When sleep is not giving rowing recovery


I have a question involving rowing recovery. Basically I hate going to bed sore and waking up feeling worse, and I’m wondering what is the best position to sleep in and how to potentially use pillows as support for my traps lats and lower back?

We took this question from a reader to our expert rowing coach advisors.

Athlete asleep Athlete asleep. Image Credit: AthleticLab

Mike Davenport (Coach and rigger) advises

I’m thinking that it’s more than a “position” issue, and maybe structural or muscular. I suggest seeing a physician or chiropractor to get evaluated.

Joe de Leo (Strength coach and movement specialist) advises

Recovery begins as soon as the training session ends. From the way the note is written it sounds like the athlete is so sore they are having difficulty moving and it only gets worse throughout the day and sleep.  Would you mind asking what they are doing for their cool down routine and their routine  before bed? It be helpful to have a little bit more information.
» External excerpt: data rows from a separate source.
-- ===== src/Limiter/Budget.antt =====
-- Every call keeps each key within its budget and the map within its capacity.
use gu_gu_manager.Base.{
  ℕ, ◌&&◌, ◌+◌, ◌≤◌, ◌<◌, ◌≡◌, refl, ◌∙◌, inl, inr, String, Bool, true, false, none, some, List, [],
  ◌∷◌, arith, ltb, Bool-cases, contains, if◌then◌else◌, length,
}
use gu_gu_manager.Base.Maps.{Assoc, lookup}
use gu_gu_manager.Limiter.State.{AttemptLimit, AttemptState, AttemptLimiter, new_attempt_limiter}
use gu_gu_manager.Limiter.Keys.{normalized_limit_keys}
use gu_gu_manager.Limiter.Reserve.{
  Admission, Checked, check_keys, prune_entries, missing, ensure_capacity, conclude,
  reserve_checked, reserve_keys, reserve,
}
use gu_gu_manager.Limiter.Complete.{CompletionKind, complete_locked, reset}
use gu_gu_manager.Limiter.Sound.Entries.{
  IsSound, check_keys-IsSound, prune_entries-IsSound, complete_keys-IsSound, reset_keys-IsSound,
}
use gu_gu_manager.Limiter.Sound.Evict.{make_room-HasRoom}
use gu_gu_manager.Limiter.Sound.Room.{in_flight_of}
use gu_gu_manager.Limiter.Sound.Waits.{
  wait_of, check_keys_covers, check_keys_in_flight, prune_entries_wait, prune_entries_in_flight,
}
use gu_gu_manager.Limiter.Sound.Admit.{
  AreOnce, normalized_limit_keys-AreOnce, admit_keys-IsSound, admit_keys-in_flight,
}

-- Each entry has at most `maximum` failures and attempts in flight together, no failures beside a
-- block, and something to remember; keys are distinct and entries at most `capacity`.
pub record IsWithinBudget (l : AttemptLimiter) : Type 0 where
  pub positive : 0 < l.maximum
  pub entries_sound : IsSound l.config l.capacity l.entries

wait_of-lookup :
    (config : AttemptLimit) (now : ℕ) (j : String) (m m' : Assoc AttemptState)
    → lookup j m ≡ lookup j m'
    → wait_of config now j m ≡ wait_of config now j m'
unfolding wait_of
wait_of-lookup config now j m m' e = ground arith

-- What `ensureCapacity` returns for entries on which no requested key has to wait.
record IsPrepared (config : AttemptLimit) (n : ℕ) (keys : List String) (now : ℕ)
    (m : Assoc AttemptState) (r : Assoc AttemptState × Bool) : Type 0 where
  sound : IsSound config n r.0
  ledger : (j : String) → in_flight_of j r.0 ≡ in_flight_of j m
  free : (j : String) → contains j keys ≡ true → wait_of config now j r.0 ≡ 0
  room : r.1 ≡ true → length r.0 + missing keys r.0 ≤ config.capacity

ensure_capacity-IsPrepared :
    (config : AttemptLimit) (n : ℕ) (keys : List String) (now : ℕ) (m : Assoc AttemptState)
    → IsSound config n m
    → ((j : String) → contains j keys ≡ true → wait_of config now j m ≡ 0)
    → IsPrepared config n keys now m (ensure_capacity config keys now m)
unfolding ensure_capacity
ensure_capacity-IsPrepared config n keys now m v w =
    let pruned = prune_entries config now m in
    let roomy = make_room-HasRoom config n keys pruned (prune_entries-IsSound config now n m v) in
    record {
      sound = roomy.sound;
      ledger = λ j. roomy.ledger j ∙ prune_entries_in_flight config now j m v.distinct;
      free = λ j r.
          wait_of-lookup config now j _ pruned (roomy.requested_stay j r)
          ∙ prune_entries_wait config now j m v.distinct (w j r);
      room = roomy.room;
    }

-- What holds of an admission: budget and capacity, the attempts in flight of every key, and the
-- reservation that the caller gets.
pub record IsFair (l : AttemptLimiter) (keys : List String) (a : Admission) : Type 0 where
  pub budget : IsWithinBudget a.limiter
  pub ledger :
      (j : String)
      → in_flight_of j a.limiter.entries
        ≡ in_flight_of j l.entries + (if a.allowed && contains j keys then 1 else 0)
  pub held :
      a.reservation ≡ (if a.allowed then some (record { keys = keys; is_done = false }) else none)

conclude-IsFair :
    (l : AttemptLimiter) (keys : List String) (now : ℕ) (m : Assoc AttemptState)
    (r : Assoc AttemptState × Bool)
    → 0 < l.maximum
    → AreOnce keys
    → ((j : String) → in_flight_of j m ≡ in_flight_of j l.entries)
    → IsPrepared l.config l.capacity keys now m r
    → IsFair l keys (conclude l keys now r)
unfolding conclude
conclude-IsFair l keys now m (m', false) pos o same p = record {
  budget = record { positive = pos; entries_sound = p.sound };
  ledger = λ j. omega (arith, p.ledger j, same j);
  held = refl;
}
conclude-IsFair l keys now m (m', true) pos o same p = record {
  budget = record {
    positive = pos;
    entries_sound =
        admit_keys-IsSound l.config now keys m' pos o p.free (p.room refl) p.sound.states
          p.sound.distinct;
  };
  ledger = λ j. admit_keys-in_flight now keys j m' o ∙ ground (arith, p.ledger j, same j);
  held = refl;
}

reserve_checked-IsFair :
    (l : AttemptLimiter) (keys : List String) (now : ℕ) (c : Checked)
    → 0 < l.maximum
    → AreOnce keys
    → IsSound l.config l.capacity c.entries
    → ((j : String) → in_flight_of j c.entries ≡ in_flight_of j l.entries)
    → ((j : String) → contains j keys ≡ true → wait_of l.config now j c.entries ≤ c.max_retry_after)
    → IsFair l keys (reserve_checked l keys now c)
unfolding reserve_checked
reserve_checked-IsFair l keys now c pos o v same covered =
    elim (Bool-cases (ltb 0 c.max_retry_after)) [
      | inl blocked ↦
          rw (blocked, reserve_checked)
            (record {
              budget = record { positive = pos; entries_sound = v };
              ledger = λ j. omega (arith, same j);
              held = refl;
            })
      | inr open' ↦
          rw (open', reserve_checked)
            (conclude-IsFair l keys now c.entries _ pos o same (
              ensure_capacity-IsPrepared l.config l.capacity keys now c.entries v
                (λ j r. ground (arith, covered j r))))
    ]

pub reserve_keys-IsFair :
    (l : AttemptLimiter) (keys : List String) (now : ℕ)
    → AreOnce keys
    → IsWithinBudget l
    → IsFair l keys (reserve_keys l keys now)
unfolding reserve_keys contains
reserve_keys-IsFair l [] now o v = record { budget = v; ledger = λ j. omega arith; held = refl }
reserve_keys-IsFair l (k ∷ ks) now o v =
    let start : Checked = record { entries = l.entries; max_retry_after = 0 } in
    reserve_checked-IsFair l (k ∷ ks) now (check_keys l.config now (k ∷ ks) start) v.positive o
      (check_keys-IsSound l.config l.capacity now (k ∷ ks) start v.entries_sound)
      (λ j. check_keys_in_flight l.config now (k ∷ ks) j start)
      (λ j r. check_keys_covers l.config now (k ∷ ks) j start (λ out. cc))

-- A call on the limiter at a time.
pub data Call : Type 0 where
  reserves : List String → Call
  completes : List String → CompletionKind → List String → Call
  resets : List String → Call

unfoldable pub step : AttemptLimiter → ℕ × Call → AttemptLimiter
step l (now, reserves keys) = (reserve l keys now).limiter
step l (now, completes keys kind cleared) = complete_locked l keys kind cleared now
step l (now, resets keys) = reset l keys now

pub run : AttemptLimiter → List (ℕ × Call) → AttemptLimiter
unfolding step
run l [] = l
run l (c ∷ cs) = run (step l c) cs

pub complete_locked-IsWithinBudget :
    (l : AttemptLimiter) (keys : List String) (kind : CompletionKind) (cleared : List String)
    (now : ℕ)
    → IsWithinBudget l
    → IsWithinBudget (complete_locked l keys kind cleared now)
unfolding complete_locked
complete_locked-IsWithinBudget l keys kind cleared now v = record {
  positive = v.positive;
  entries_sound =
      complete_keys-IsSound l.config l.capacity now kind cleared (normalized_limit_keys keys)
        l.entries v.entries_sound;
}

pub step-IsWithinBudget :
    (l : AttemptLimiter) (c : ℕ × Call) → IsWithinBudget l → IsWithinBudget (step l c)
unfolding step reserve reset
step-IsWithinBudget l (now, reserves keys) v =
    (reserve_keys-IsFair l (normalized_limit_keys keys) now (normalized_limit_keys-AreOnce keys)
      v).budget
step-IsWithinBudget l (now, completes keys kind cleared) v =
    complete_locked-IsWithinBudget l keys kind cleared now v
step-IsWithinBudget l (now, resets keys) v = record {
  positive = v.positive;
  entries_sound =
      reset_keys-IsSound l.config l.capacity now (normalized_limit_keys keys) l.entries
        v.entries_sound;
}

run-IsWithinBudget :
    (l : AttemptLimiter) (cs : List (ℕ × Call)) → IsWithinBudget l → IsWithinBudget (run l cs)
unfolding run
run-IsWithinBudget l [] v = v
run-IsWithinBudget l (c ∷ cs) v = run-IsWithinBudget (step l c) cs (step-IsWithinBudget l c v)

pub new_attempt_limiter-IsWithinBudget :
    (given : AttemptLimit) (l : AttemptLimiter)
    → new_attempt_limiter given ≡ some l
    → IsWithinBudget l
unfolding new_attempt_limiter
new_attempt_limiter-IsWithinBudget given l e = ground arith

-- From a limiter that the constructor accepts, after any sequence of reservations, completions and
-- resets at any times, each entry holds at most `maximum` failures and attempts in flight together,
-- a block has no failures beside it, no idle entry is kept, no key stands twice, and there are at
-- most `capacity` entries.
pub run_from_new :
    (given : AttemptLimit) (l : AttemptLimiter) (cs : List (ℕ × Call))
    → new_attempt_limiter given ≡ some l
    → IsWithinBudget (run l cs)
run_from_new given l cs e = run-IsWithinBudget l cs (new_attempt_limiter-IsWithinBudget given l e)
 If an athlete is that sore post training session they have potentially worked at an intensity level that pushed them to their limits or they have not done a proper job of cooling down.
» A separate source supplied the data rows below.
-- ===== src/Limiter/Checks.antt =====
-- What the first loop of `Reserve` finds for a key that is blocked, and for keys that are free.
use gu_gu_manager.Base.{
  ℕ, ◌-◌, ◌≤◌, ◌<◌, ◌≡◌, ◌∙◌, inl, inr, String, true, false, some, List, [], ◌∷◌, arith, Bool-cases,
  Option-cases, str_eq, eq_iff, contains, length,
}
use gu_gu_manager.Base.Maps.{Assoc, lookup, lookup-insert, lookup-remove}
use gu_gu_manager.Limiter.State.{AttemptLimit, AttemptState, is_idle, prune}
use gu_gu_manager.Limiter.Reserve.{Checked, check_state, check_key, check_keys, missing}
use gu_gu_manager.Limiter.Sound.States.{retry_after_blocked, prune_still_free}
use gu_gu_manager.Limiter.Sound.Waits.{wait_of, check_key_covers, check_keys_grows}

module _ (config : AttemptLimit) (now : ℕ) where
  pub prune_still_blocked : (s : AttemptState) → now < s.blocked_until → prune config s now ≡ s
  unfolding prune
  prune_still_blocked s h = ground arith

  pub check_state-lookup :
      (key j : String) (s : AttemptState) (c : Checked)
      → str_eq key j ≡ false
      → lookup j (check_state config now key s c).entries ≡ lookup j c.entries
  unfolding check_state
  check_state-lookup key j s c h =
      ground (arith, lookup-remove key j c.entries, lookup-insert key j s c.entries)

  pub check_key-lookup :
      (key j : String) (c : Checked)
      → str_eq key j ≡ false
      → lookup j (check_key config now key c).entries ≡ lookup j c.entries
  unfolding check_key
  check_key-lookup key j c h = elim (Option-cases (lookup key c.entries)) [
    | inl e ↦ rw (e, check_key)
    | inr (s, e) ↦ rw (e, check_key) (check_state-lookup key j (prune config s now) c h)
  ]

  pub check_state_blocked :
      (key : String) (s : AttemptState) (c : Checked)
      → now < s.blocked_until
      → s.blocked_until - now ≤ (check_state config now key s c).max_retry_after
  unfolding check_state is_idle
  check_state_blocked key s c h = ground (arith, retry_after_blocked config s now h)

  pub check_key_blocked :
      (key : String) (s : AttemptState) (c : Checked)
      → lookup key c.entries ≡ some s
      → now < s.blocked_until
      → s.blocked_until - now ≤ (check_key config now key c).max_retry_after
  unfolding check_key
  check_key_blocked key s c e h =
      rw (e, check_key, prune_still_blocked s h) (check_state_blocked key s c h)

  pub check_keys_blocked :
      (keys : List String) (k : String) (s : AttemptState) (c : Checked)
      → contains k keys ≡ true
      → lookup k c.entries ≡ some s
      → now < s.blocked_until
      → s.blocked_until - now ≤ (check_keys config now keys c).max_retry_after
  unfolding check_keys contains
  check_keys_blocked [] k s c r e h = cc
  check_keys_blocked (key ∷ keys) k s c r e h = elim (Bool-cases (str_eq key k)) [
    | inl same ↦
        let found : lookup key c.entries ≡ some s = rw ((eq_iff key k).0 same) e in
        omega (
          arith,
          check_key_blocked key s c found h,
          check_keys_grows config now keys (check_key config now key c),
        )
    | inr other ↦
        check_keys_blocked keys k s (check_key config now key c) (ground arith)
          (check_key-lookup key k c other ∙ e) h
  ]

  -- If no requested key has to wait, the loop finds no wait.
  pub check_key_free :
      (key : String) (c : Checked)
      → wait_of config now key c.entries ≡ 0
      → c.max_retry_after ≡ 0
      → (check_key config now key c).max_retry_after ≡ 0
  unfolding check_key check_state wait_of
  check_key_free key c w z = elim (Option-cases (lookup key c.entries)) [
    | inl e ↦ rw (e, check_key) z
    | inr (s, e) ↦ rw (e, check_key) (ground (arith, prune_still_free config s now))
  ]

  pub check_keys_free :
      (keys : List String) (c : Checked)
      → ((j : String) → contains j keys ≡ true → wait_of config now j c.entries ≡ 0)
      → c.max_retry_after ≡ 0
      → (check_keys config now keys c).max_retry_after ≡ 0
  unfolding check_keys contains
  check_keys_free [] c w z = z
  check_keys_free (key ∷ keys) c w z =
      let z' = check_key_free key c (w key (ground (arith, eq_iff key key))) z in
      check_keys_free keys (check_key config now key c)
        (λ j r. omega (arith, check_key_covers config now key j c (λ _. ground (arith, w j)), z'))
        z'

pub missing-le : (keys : List String) (m : Assoc AttemptState) → missing keys m ≤ length keys
unfolding missing
missing-le [] m = omega arith
missing-le (k ∷ ks) m = ground (arith, missing-le ks m)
Flexibility work (soft tissue) is step 1, as well as doing any self myofascial release work (step 2) with a foam roller or lacrosse ball. I try to end every session with 2-3′ of diaphragmatic breathing to help reset the sympathetic/parasympathetic nervous system.

I’d also inquire how old their mattress is as well. Older mattresses can exacerbate low back pain and stiffness.

There is likely more that the athlete could be doing before sleeping position needs to be managed.

However, assuming they’ve ruled out everything else and sleeping position truly is where the most benefit is to be gained…

Sleep on their back.

One pillow under the knees to raise the legs and take pressure off the lower back.

One pillow under each arm to raise the arms and take pressure off the shoulder joint.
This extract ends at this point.